While a WMS is the core solution for managing the warehouse, other applications also play a large role in making sure inventory is in the right place. First, inventory can’t be in the right place in a warehouse if the warehouse is not in the right place. Network design is used for this. Supply chain design solutions look at long-term demand projections and then calculate how many warehouses are needed, and where those warehouses need to be located, to meet targeted service levels at the lowest possible cost.
Inventory optimization (IO) is another necessary precursor solution. An IO solution uses sophisticated math to determine how much inventory needs to be stored at different locations across the network to make certain service levels will be attained with the lowest possible amount of inventory.
In an omnichannel world, companies have different flow paths to get products to consumers – buy in store, ship from a DC, ship from store, etc. A distributed order management (DOM) system determines which warehouse or store should be the originating location for an order.
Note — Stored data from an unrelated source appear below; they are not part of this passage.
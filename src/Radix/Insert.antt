-- ===== src/Radix/Insert.antt =====
-- `rxt_insert` against the map from keys to numbers that `rxt_find` reads off a tree.
use rrrr.Prelude.{
  append_nil, ℕ, zero, suc, length-append, ◌+◌, ◌<◌, ◌≤◌, ◌≡◌, ◌≢◌, ◌∙◌, ◌⊎◌, refl, sym, ap, subst,
  false, Option, none, some, List, [], ◌∷◌, ◌++◌, arith, ◌==◌, length, take, drop, map_option,
  Bool-cases, ==_iff, inl, inr,
}
use rrrr.Prelude.Effects.{Ensures, Ensures-some}
use rrrr.Radix.{
  Edge, Round, edge_new, or_new, radix_tree_none, radix_tree_prefix_size, Parted, shared, part,
  settle, rxt_find, fill, match, insert_round, insert_from, rxt_edge_count, rxt_insert,
}
use rrrr.Radix.Find.{
  part_lem, rxt_find-split, rxt_find-here, rxt_find-below, rxt_find-value, rxt_find-child,
  rxt_find-next, rxt_find-pass,
}

-- Every edge has from one to four characters.
abbrev pub Solid : Edge → Type 0
Solid Edge.null = Unit
Solid (Edge.edge next child value prefix) =
    (0 < length prefix) × (length prefix ≤ radix_tree_prefix_size) × Solid next × Solid child

abbrev IsEdge : Edge → Type 0
IsEdge Edge.null = ⊥
IsEdge (Edge.edge next child value prefix) = Unit

-- A tree as `rxt_new` and `rxt_insert` leave it: fresh, or with no empty prefix.
abbrev pub IsTree : Edge → Type 0
IsTree e = (Solid e × IsEdge e) ⊎ (e ≡ edge_new)

-- The tree `t` maps the key to the value, and all other keys as `e` does.
abbrev pub Updates : Edge → List ℕ → ℕ → Edge → Type 0
Updates e key value t =
    (Solid t × IsEdge t)
    × (rxt_find t key ≡ value)
    × ((ks : List ℕ) → ks ≢ key → rxt_find t ks ≡ rxt_find e ks)

-- The edges with a prefix that a loop may still meet.
unfoldable rank : Edge → ℕ
rank Edge.null = 0
rank (Edge.edge next child value []) = 0
rank (Edge.edge next child value (p ∷ ps)) = 1 + rank next + rank child

-- A round that returns has updated the list; one that goes on comes nearer to the end, and what
-- updates the list it goes to updates this one.
abbrev Good : Edge → List ℕ → ℕ → Round → Type 0
Good e key value (Round.done t) = Updates e key value t
Good e key value (Round.goto e' key' put) =
    (length key' + rank e' < length key + rank e)
    × IsTree e'
    × (0 < length key')
    × ((t : Edge) → Updates e' key' value t → Updates e key value (put t))

take-drop : (n : ℕ) (xs : List ℕ) → xs ≡ take n xs ++ drop n xs
take-drop zero xs = refl
take-drop (suc n) [] = refl
take-drop (suc n) (x ∷ xs) = ap (λ t. x ∷ t) (take-drop n xs)

length-take-le : (n : ℕ) (xs : List ℕ) → length (take n xs) ≤ n
length-take-le zero xs = omega arith
length-take-le (suc n) [] = omega arith
length-take-le (suc n) (x ∷ xs) = omega (arith, length-take-le n xs)

or_new-IsTree : (e : Edge) → Solid e → IsTree (or_new e)
or_new-IsTree Edge.null s = inr refl
or_new-IsTree (Edge.edge next child value prefix) s = inl (s, tt)

rank-or_new : (e : Edge) → rank (or_new e) ≡ rank e
unfolding rank
rank-or_new Edge.null = refl
rank-or_new (Edge.edge next child value prefix) = refl

rxt_find-or_new : (e : Edge) (ks : List ℕ) → rxt_find (or_new e) ks ≡ rxt_find e ks
unfolding rxt_find
rxt_find-or_new Edge.null [] = refl
rxt_find-or_new Edge.null (k ∷ ks) = refl
rxt_find-or_new (Edge.edge next child value prefix) ks = refl

-- A lone edge without a value finds nothing, as a fresh one.
rxt_find-alone :
    (p : ℕ) (ps ks : List ℕ)
    → rxt_find (Edge.edge Edge.null Edge.null radix_tree_none (p ∷ ps)) ks ≡ rxt_find edge_new ks
unfolding rxt_find
rxt_find-alone p ps [] = refl
rxt_find-alone p ps (k ∷ ks) = elim (Bool-cases (k == p)) [
  | inl e ↦ rw e (nothing (shared p (part ps ks)))
  | inr e ↦ rw e refl
]
  where
    nothing : (x : Parted) → settle x radix_tree_none (rxt_find Edge.null) ≡ radix_tree_none
    nothing (q, [], []) = refl
    nothing (q, [], r ∷ rs) = refl
    nothing (q, o ∷ os, ks') = refl

-- A list put below an edge: what it maps its keys to, the edge maps them to behind its prefix.
below-Updates :
    (next child e t : Edge) (old p r value : ℕ) (ps rs : List ℕ)
    → length (p ∷ ps) ≤ radix_tree_prefix_size
    → Solid next
    → ((ks : List ℕ) → rxt_find e ks ≡ rxt_find child ks)
    → Updates e (r ∷ rs) value t
    → Updates
        (Edge.edge next child old (p ∷ ps))
        ((p ∷ ps) ++ (r ∷ rs))
        value
        (Edge.edge next t old (p ∷ ps))
below-Updates next child e t old p r value ps rs short s same ((solid, _), found, others) = (
  ((omega arith, short, s, solid), tt),
  rxt_find-below next t p ps old r rs ∙ found,
  λ ks ne.
      rxt_find-child next child t old p ps (r ∷ rs) ks
        (λ x xs other. others (x ∷ xs) other ∙ same (x ∷ xs)) ne,
)

-- Case 1.
fill-Good :
    (k value : ℕ) (ps rest : List ℕ)
    → length (k ∷ ps) ≤ radix_tree_prefix_size
    → (key : List ℕ) → key ≡ (k ∷ ps) ++ rest
    → take radix_tree_prefix_size key ≡ k ∷ ps
    → Good edge_new key value (fill Edge.null Edge.null radix_tree_none key rest value)
unfolding rank
fill-Good k value ps [] short key e front =
    subst (λ pre. Updates edge_new key value (Edge.edge Edge.null Edge.null value pre)) (sym front)
      (subst (λ t. Updates edge_new t value (Edge.edge Edge.null Edge.null value (k ∷ ps)))
        (sym (e ∙ append_nil (k ∷ ps)))
        (
          ((omega arith, short, tt, tt), tt),
          rxt_find-here Edge.null Edge.null k ps value,
          λ ks ne.
              rxt_find-value Edge.null Edge.null k ps value radix_tree_none ks ne
              ∙ rxt_find-alone k ps ks,
        ))
fill-Good k value ps (r ∷ rs) short key e front = (
  omega (arith, ap length e, length-append (k ∷ ps) (r ∷ rs)),
  inr refl,
  omega arith,
  λ t u.
      subst (λ pre. Updates edge_new key value (Edge.edge Edge.null t radix_tree_none pre))
        (sym front)
        (subst (λ x. Updates edge_new x value (Edge.edge Edge.null t radix_tree_none (k ∷ ps)))
          (sym e)
          (let (solid, found, others) =
              below-Updates Edge.null Edge.null edge_new t radix_tree_none k r value ps rs short tt
                (rxt_find-or_new Edge.null) u in
            (solid, found, λ ks ne. others ks ne ∙ rxt_find-alone k ps ks))),
)

-- Case 2, where the edge and the key share the characters `p ∷ q`.
match-Good :
    (next child : Edge) (old value p : ℕ) (q o k : List ℕ)
    → length (p ∷ q) + length o ≤ radix_tree_prefix_size
    → Solid next
    → Solid child
    → Good
        (Edge.edge next child old ((p ∷ q) ++ o))
        ((p ∷ q) ++ k)
        value
        (match next child old (p ∷ q, o, k) value)
unfolding rank
match-Good next child old value p q [] [] short sn sc =
    subst
      (λ t.
        Good (Edge.edge next child old (p ∷ t)) (p ∷ t) value
          (Round.done (Edge.edge next child value (p ∷ q))))
      (sym (append_nil q))
      (
        ((omega arith, omega arith, sn, sc), tt),
        rxt_find-here next child p q value,
        λ ks ne. rxt_find-value next child p q value old ks ne,
      )
match-Good next child old value p q [] (r ∷ rs) short sn sc =
    subst
      (λ t.
        Good (Edge.edge next child old (p ∷ t)) ((p ∷ q) ++ (r ∷ rs)) value
          (Round.goto (or_new child) (r ∷ rs) (λ child'. Edge.edge next child' old (p ∷ q))))
      (sym (append_nil q))
      (
        omega (arith, length-append (p ∷ q) (r ∷ rs), rank-or_new child),
        or_new-IsTree child sc,
        omega arith,
        λ t u.
            below-Updates next child (or_new child) t old p r value q rs (omega arith) sn
              (rxt_find-or_new child) u,
      )
match-Good next child old value p q (o ∷ os) [] short sn sc =
    subst
      (λ t.
        Good (Edge.edge next child old ((p ∷ q) ++ (o ∷ os))) t value
          (Round.done (Edge.edge next (Edge.edge Edge.null child old (o ∷ os)) value (p ∷ q))))
      (sym (append_nil (p ∷ q)))
      (
        ((omega arith, omega arith, sn, (omega arith, omega arith, tt, sc)), tt),
        rxt_find-here next (Edge.edge Edge.null child old (o ∷ os)) p q value,
        λ ks ne.
            rxt_find-value next (Edge.edge Edge.null child old (o ∷ os)) p q value radix_tree_none
              ks ne
            ∙ sym (rxt_find-split next child p q o os ks old),
      )
match-Good next child old value p q (o ∷ os) (r ∷ rs) short sn sc = (
  omega (arith, length-append (p ∷ q) (r ∷ rs)),
  inl ((omega arith, omega arith, tt, sc), tt),
  omega arith,
  λ t u.
      let below = Edge.edge Edge.null child old (o ∷ os) in
      let (solid, found, others) =
        below-Updates next below below t radix_tree_none p r value q rs (omega arith) sn
          (λ ks. refl) u in
      (solid, found, λ ks ne. others ks ne ∙ sym (rxt_find-split next child p q o os ks old)),
)

-- Case 3.
next-Good :
    (next child : Edge) (old value p k : ℕ) (ps ks : List ℕ)
    → (k == p) ≡ false
    → Solid (Edge.edge next child old (p ∷ ps))
    → Good
        (Edge.edge next child old (p ∷ ps))
        (k ∷ ks)
        value
        (Round.goto (or_new next) (k ∷ ks) (λ next'. Edge.edge next' child old (p ∷ ps)))
unfolding rank
next-Good next child old value p k ps ks e (full, short, sn, sc) = (
  omega (arith, rank-or_new next),
  or_new-IsTree next sn,
  omega arith,
  λ t u.
      let ((solid, _), found, others) = u in
      (
        ((full, short, solid, sc), tt),
        rxt_find-pass t child old p k ps ks e ∙ found,
        λ ks' ne.
            rxt_find-next next t child old p ps ks' (others ks' ne ∙ rxt_find-or_new next ks'),
      ),
)

shared-Good :
    (next child : Edge) (old value p : ℕ) (ps ks : List ℕ) (x : Parted)
    → (ps ≡ x.0 ++ x.1) × (ks ≡ x.0 ++ x.2)
    → Solid (Edge.edge next child old (p ∷ ps))
    → Good
        (Edge.edge next child old (p ∷ ps))
        (p ∷ ks)
        value
        (match next child old (shared p x) value)
shared-Good next child old value p ps ks (q, o, k) (a, b) (full, short, sn, sc) =
    subst
      (λ t.
        Good (Edge.edge next child old (p ∷ t)) (p ∷ ks) value
          (match next child old (p ∷ q, o, k) value))
      (sym a)
      (subst
        (λ t.
          Good (Edge.edge next child old ((p ∷ q) ++ o)) (p ∷ t) value
            (match next child old (p ∷ q, o, k) value))
        (sym b)
        (match-Good next child old value p q o k
          (omega (arith, ap length a, length-append q o, short)) sn sc))

insert_round-Good :
    (e : Edge) (key : List ℕ) (value : ℕ)
    → IsTree e
    → 0 < length key
    → Good e key value (insert_round e key value)
unfolding insert_round
insert_round-Good e [] value tree some_key = absurd (omega arith)
insert_round-Good e (k ∷ ks) value (inr fresh) some_key =
    subst (λ e'. Good e' (k ∷ ks) value (insert_round e' (k ∷ ks) value)) (sym fresh)
      (fill-Good k value (take 3 ks) (drop 3 ks) (omega (arith, length-take-le 3 ks)) (k ∷ ks)
        (ap (λ t. k ∷ t) (take-drop 3 ks)) refl)
insert_round-Good Edge.null (k ∷ ks) value (inl (s, absurd_edge)) some_key = absurd absurd_edge
insert_round-Good (Edge.edge next child old []) (k ∷ ks) value (inl (s, _)) some_key =
    absurd (omega (arith, s.0))
insert_round-Good (Edge.edge next child old (p ∷ ps)) (k ∷ ks) value (inl (s, _)) some_key =
    elim (Bool-cases (k == p)) [
      | inl e ↦
          rw (e, (==_iff k p).0 e)
            (shared-Good next child old value p ps ks (part ps ks) (part_lem ps ks) s)
      | inr e ↦ rw e (next-Good next child old value p k ps ks e s)
    ]

rank-le : (e : Edge) → rank e ≤ rxt_edge_count e
unfolding rank rxt_edge_count
rank-le Edge.null = omega arith
rank-le (Edge.edge next child value []) = omega arith
rank-le (Edge.edge next child value (p ∷ ps)) = omega (arith, rank-le next, rank-le child)

insert_from-Updates :
    (fuel : ℕ) (e : Edge) (key : List ℕ) (value : ℕ)
    → IsTree e
    → 0 < length key
    → length key + rank e < fuel
    → Ensures (Updates e key value) (insert_from fuel e key value)
unfolding insert_from
insert_from-Updates zero e key value tree some_key enough = absurd (omega arith)
insert_from-Updates (suc fuel) e key value tree some_key enough =
    go (insert_from-Updates fuel) (insert_round e key value)
      (insert_round-Good e key value tree some_key)
  where
    put_back :
        (e' : Edge) (key' : List ℕ) (put : Edge → Edge) (o : Option Edge)
        → ((t : Edge) → Updates e' key' value t → Updates e key value (put t))
        → Ensures (Updates e' key' value) o
        → Ensures (Updates e key value) (map_option put o)
    put_back e' key' put none f h = absurd h
    put_back e' key' put (some t) f h = f t h

    go :
        ((e' : Edge) (key' : List ℕ) (v : ℕ)
          → IsTree e'
          → 0 < length key'
          → length key' + rank e' < fuel
          → Ensures (Updates e' key' v) (insert_from fuel e' key' v))
        → (round : Round) → Good e key value round
        → Ensures (Updates e key value) (elim round [
          | Round.done t ↦ some t
          | Round.goto e' key' put ↦ map_option put (insert_from fuel e' key' value)
        ])
    go rest (Round.done t) h = h
    go rest (Round.goto e' key' put) (less, tree', some_key', f) =
        put_back e' key' put (insert_from fuel e' key' value) f
          (rest e' key' value tree' some_key' (omega arith))

-- Into a fresh tree, or one whose edges all have from one to four characters, the insertion of a
-- key that is not empty ends, within as many rounds of its loop as the key has characters and the
-- tree has edges, and one. The tree it leaves has again from one to four characters on each edge;
-- in it `rxt_find` finds the value at the key, and at every other key what it found before.
pub rxt_find-rxt_insert :
    (root : Edge) (key : List ℕ) (value : ℕ)
    → IsTree root
    → 0 < length key
    → (t : Edge) × (rxt_insert root key value ≡ some t) × Updates root key value t
unfolding rxt_insert
rxt_find-rxt_insert root key value tree some_key = Ensures-some (Updates root key value) _ (
    insert_from-Updates (length key + rxt_edge_count root + 1) root key value tree some_key
      (omega (arith, rank-le root)))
The Limits of Artificial Intelligence
Just determining the right location for inventory in a warehouse requires multiple systems and technologies. This article showed the role eight different technologies play. Without AutoID, it doesn’t matter how clever the AI is, it cannot effectively solve the location problem. In short, you need the right building blocks in place to get value out of AI.
But the job of planners is not just to have the right inventory in a warehouse. It is to have the right product, in the right place, at the right time, across an extended supply chain. There are at least another six applications that would have a role to play in achieving this goal.
I don’t worry about AI taking eliminating tens of thousands of planning jobs while simultaneously driving unprecedented levels of productivity. There are just too many point solutions. As things stand, AI can improve a particular supply chain function, but that doesn’t holistically optimize the system.
Let me explain this. Companies can invest to make sure their factories are efficient. They can do the same for their distribution and transportation functions. If each function is as efficient as possible, doesn’t this mean the system would be working at peak efficiency?
No! It doesn’t. It may be that the factories are achieving good quality at a low unit cost, but they are doing that by storing too much raw material inventory in the inbound warehouses and by having long product runs that produce too much unneeded inventory. The factory achieves its key metrics, but the metrics that really matter, a high service level at the lowest possible cost, are not met.
Until a more holistic approach to supply chain software is achieved, an approach that drastically collapses the number of models used in planning, neither the potential nor the threats associated with AI will come fully into play. It is not that we can’t do this, but this will require a high degree of investment, innovation, experimentation, and ultimately many, many years of effort.